Ich sehe die FAZ durchaus als seriöse Informationsquelle, kann Ihr Zitat aus einem Bericht jedoch so nicht stehen lassen.

Sie und andere niedergelassene Ärzte aus unserer Region berichten, dass Sie durch die Mitteilung der Kassenärztlichen Vereinigung zum Regelleistungsvolumen deutliche Einnahmeverluste hätten. Diese Mitteilungen und die öffentliche Diskussion führen zu einer großen Verunsicherung der Betroffenen und ihrer Patienten. Ihre Sorgen und Ängste nehme ich sehr ernst. Es ist sehr wichtig für mich, über die ärztliche Honorarreform und ihre Auswirkungen sachlich zu informieren und damit zu mehr Transparenz beizutragen. Mir ist es ein großes Anliegen, dass wir hier weiterhin wohnortnahe über eine qualitativ hochwertige Versorgung mit niedergelassenen, freiberuflich tätigen Ärzten und Fachärzten verfügen, die gerne und unter für sie guten und verlässlichen Bedingungen ihre Patienten in der Praxis versorgen können.

Mit dem GKV-Wettbewerbsstärkungsgesetz hat der Gesetzgeber den gesetzlichen Rahmen für ein neues ärztliches Vergütungssystem geschaffen und damit langjährige Forderungen der Ärzteschaft umgesetzt: Die Budgetierung der ärztlichen Honorare ist beendet und die vertragsärztlichen Leistungen werden seit dem 1. Januar 2009 grundsätzlich mit festen Preisen einer nach haus- und fachärztlichen Leistung getrennt ausgestalteten regionalen Eurogebührenordnung vergütet. Damit die finanzielle Lage der Ärzteschaft insgesamt verbessert und ein Absinken der Honorarsituation in Baden-Württemberg in Folge der Bundeseinheitlichkeit der Vergütung vermieden werden kann, wurde insbesondere auf Betreiben der Union das Gesamtvolumen der ärztlichen Vergütung im Vergleich 2007/2009 um mehr als 3 Mrd. Euro angehoben. Die Berechnungen des Instituts der Gemeinsamen Selbstverwaltung zum Ende des letzten Jahres belegen dies und prognostizieren für Baden-Württemberg ein Plus von 2,5 % gegenüber 2007 und ein Plus von 1,7 % gegenüber 2008.

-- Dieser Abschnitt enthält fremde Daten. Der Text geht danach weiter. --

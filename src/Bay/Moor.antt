-- ===== src/Bay/Moor.antt =====
-- A ship that docks: what each field of each player is afterwards.
use netrek_server.Base.{ℕ, ◌≡◌, some, arith, ◌==◌, if◌then◌else◌}
use netrek_server.Bay.{Players, bay_claim}

module _ (b me k : ℕ) (ps : Players) where
  pub bay_claim-p_no : (j : ℕ) → (bay_claim b me k ps j).p_no ≡ (ps j).p_no
  unfolding bay_claim
  bay_claim-p_no j = ground arith

  pub bay_claim-dock : (j : ℕ) → (bay_claim b me k ps j).p_flags.dock ≡ (ps j).p_flags.dock
  unfolding bay_claim
  bay_claim-dock j = ground arith

  pub bay_claim-dock_with :
      (j : ℕ)
      → (bay_claim b me k ps j).p_dock_with ≡ (if me == j then (ps b).p_no else (ps j).p_dock_with)
  unfolding bay_claim
  bay_claim-dock_with j = ground arith

  pub bay_claim-dock_bay :
      (j : ℕ) → (bay_claim b me k ps j).p_dock_bay ≡ (if me == j then k else (ps j).p_dock_bay)
  unfolding bay_claim
  bay_claim-dock_bay j = ground arith

  pub bay_claim-bays :
      (j i : ℕ)
      → (bay_claim b me k ps j).p_bays i ≡ (
          if b == j
          then (if k == i then some (ps me).p_no else (ps j).p_bays i)
          else (ps j).p_bays i)
  unfolding bay_claim
  bay_claim-bays j i = ground arith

Die weitere Ausgestaltung der ärztlichen Honorarreform ist Aufgabe der gemeinsamen Selbstverwaltung, d. h. von Ärzten und Krankenkassen. Dazu gehört insbesondere auch die Honorarverteilung. Auf Bundesebene hat der Bewertungsausschuss Beschlüsse gefasst, die auf der regionalen Ebene von den Kassenärztlichen Vereinigungen und deren regionalen Vertragspartnern auf Kassenseite konkretisiert werden. Dabei haben sie Gestaltungsraum zur Abbildung regionaler Besonderheiten durch zusätzliche regionale Zuschläge, die sich positiv auf das ärztliche Honorar auswirken können.

Nachdem Ihre Schilderungen aus der Praxis in weiten Teilen nicht mit den Berechnungen der Gemeinsamen Selbstverwaltung, die uns vorlagen, übereinstimmen, hat meine Kollegin Annette Widmann-Mauz als gesundheitspolitische Sprecherin meiner Fraktion die Klärung der offenen Fragen und Transparenz über die Arbeit der Gemeinsamen Selbstverwaltung eingefordert. Dazu hatte sie in den letzten Wochen zahlreiche Gespräche mit Vorständen der Kassenärztlichen Vereinigung Baden-Württemberg, der Kassenärztlichen Bundesvereinigung (KBV), dem Spitzenverband Bund der Krankenkassen und Bundesgesundheitsministerin Ulla Schmidt, sowie der Leitungsebene des Bundesgesundheitsministeriums geführt.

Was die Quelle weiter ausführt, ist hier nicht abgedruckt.